Return only the tail of the data below, word for word: the line with "prune-AtMostOnce now d" and each line after it through the final one.

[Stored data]
══════

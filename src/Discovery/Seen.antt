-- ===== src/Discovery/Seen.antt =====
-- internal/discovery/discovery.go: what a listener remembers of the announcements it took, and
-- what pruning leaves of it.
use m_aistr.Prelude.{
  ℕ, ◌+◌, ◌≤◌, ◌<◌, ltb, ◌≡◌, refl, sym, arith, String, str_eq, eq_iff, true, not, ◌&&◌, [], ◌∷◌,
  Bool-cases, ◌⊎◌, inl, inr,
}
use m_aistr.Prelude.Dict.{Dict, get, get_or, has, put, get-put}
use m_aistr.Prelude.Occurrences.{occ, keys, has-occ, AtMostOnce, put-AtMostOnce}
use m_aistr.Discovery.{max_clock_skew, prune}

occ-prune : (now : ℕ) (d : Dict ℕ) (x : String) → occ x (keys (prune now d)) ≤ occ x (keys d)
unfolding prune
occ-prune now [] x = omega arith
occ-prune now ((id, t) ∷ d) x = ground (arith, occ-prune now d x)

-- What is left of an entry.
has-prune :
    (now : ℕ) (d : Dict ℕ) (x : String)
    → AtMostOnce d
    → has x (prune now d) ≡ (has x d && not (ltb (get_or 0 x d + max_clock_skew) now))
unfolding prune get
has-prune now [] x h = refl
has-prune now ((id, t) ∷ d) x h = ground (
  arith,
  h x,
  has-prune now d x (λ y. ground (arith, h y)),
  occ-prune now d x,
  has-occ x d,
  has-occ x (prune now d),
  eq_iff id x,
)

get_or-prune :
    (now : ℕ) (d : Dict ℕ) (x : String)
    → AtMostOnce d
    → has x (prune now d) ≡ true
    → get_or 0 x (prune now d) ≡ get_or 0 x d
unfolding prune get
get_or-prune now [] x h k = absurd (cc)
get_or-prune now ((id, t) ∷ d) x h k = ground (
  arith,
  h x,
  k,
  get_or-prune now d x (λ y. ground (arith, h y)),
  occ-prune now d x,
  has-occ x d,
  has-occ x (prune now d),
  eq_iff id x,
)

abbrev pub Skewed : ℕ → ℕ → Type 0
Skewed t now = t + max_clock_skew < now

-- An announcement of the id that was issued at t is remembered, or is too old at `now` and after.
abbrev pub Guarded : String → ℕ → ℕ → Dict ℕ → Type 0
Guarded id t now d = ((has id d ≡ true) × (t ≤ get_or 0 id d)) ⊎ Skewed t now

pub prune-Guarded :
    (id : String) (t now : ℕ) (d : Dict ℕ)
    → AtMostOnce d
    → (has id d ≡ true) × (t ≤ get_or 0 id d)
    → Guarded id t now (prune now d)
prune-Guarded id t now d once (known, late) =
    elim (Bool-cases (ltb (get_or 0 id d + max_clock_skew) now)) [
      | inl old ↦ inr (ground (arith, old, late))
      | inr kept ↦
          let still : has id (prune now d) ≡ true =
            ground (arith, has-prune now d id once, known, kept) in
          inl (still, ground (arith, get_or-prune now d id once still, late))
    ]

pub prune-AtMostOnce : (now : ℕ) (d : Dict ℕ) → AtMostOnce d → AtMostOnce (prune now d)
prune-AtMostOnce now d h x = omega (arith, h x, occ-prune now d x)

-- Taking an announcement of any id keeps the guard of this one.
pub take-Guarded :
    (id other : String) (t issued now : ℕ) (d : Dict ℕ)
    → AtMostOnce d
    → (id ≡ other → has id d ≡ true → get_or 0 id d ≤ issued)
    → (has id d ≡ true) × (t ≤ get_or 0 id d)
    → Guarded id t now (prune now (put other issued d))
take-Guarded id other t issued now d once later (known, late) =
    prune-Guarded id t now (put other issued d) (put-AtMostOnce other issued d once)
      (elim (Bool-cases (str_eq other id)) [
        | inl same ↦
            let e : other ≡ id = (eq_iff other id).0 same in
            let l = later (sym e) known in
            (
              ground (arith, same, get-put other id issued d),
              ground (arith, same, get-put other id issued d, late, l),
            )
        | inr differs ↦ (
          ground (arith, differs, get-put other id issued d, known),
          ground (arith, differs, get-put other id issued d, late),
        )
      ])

══════

--- RESULT OF THIS TASK ---
prune-AtMostOnce now d h x = omega (arith, h x, occ-prune now d x)

-- Taking an announcement of any id keeps the guard of this one.
pub take-Guarded :
    (id other : String) (t issued now : ℕ) (d : Dict ℕ)
    → AtMostOnce d
    → (id ≡ other → has id d ≡ true → get_or 0 id d ≤ issued)
    → (has id d ≡ true) × (t ≤ get_or 0 id d)
    → Guarded id t now (prune now (put other issued d))
take-Guarded id other t issued now d once later (known, late) =
    prune-Guarded id t now (put other issued d) (put-AtMostOnce other issued d once)
      (elim (Bool-cases (str_eq other id)) [
        | inl same ↦
            let e : other ≡ id = (eq_iff other id).0 same in
            let l = later (sym e) known in
            (
              ground (arith, same, get-put other id issued d),
              ground (arith, same, get-put other id issued d, late, l),
            )
        | inr differs ↦ (
          ground (arith, differs, get-put other id issued d, known),
          ground (arith, differs, get-put other id issued d, late),
        )
      ])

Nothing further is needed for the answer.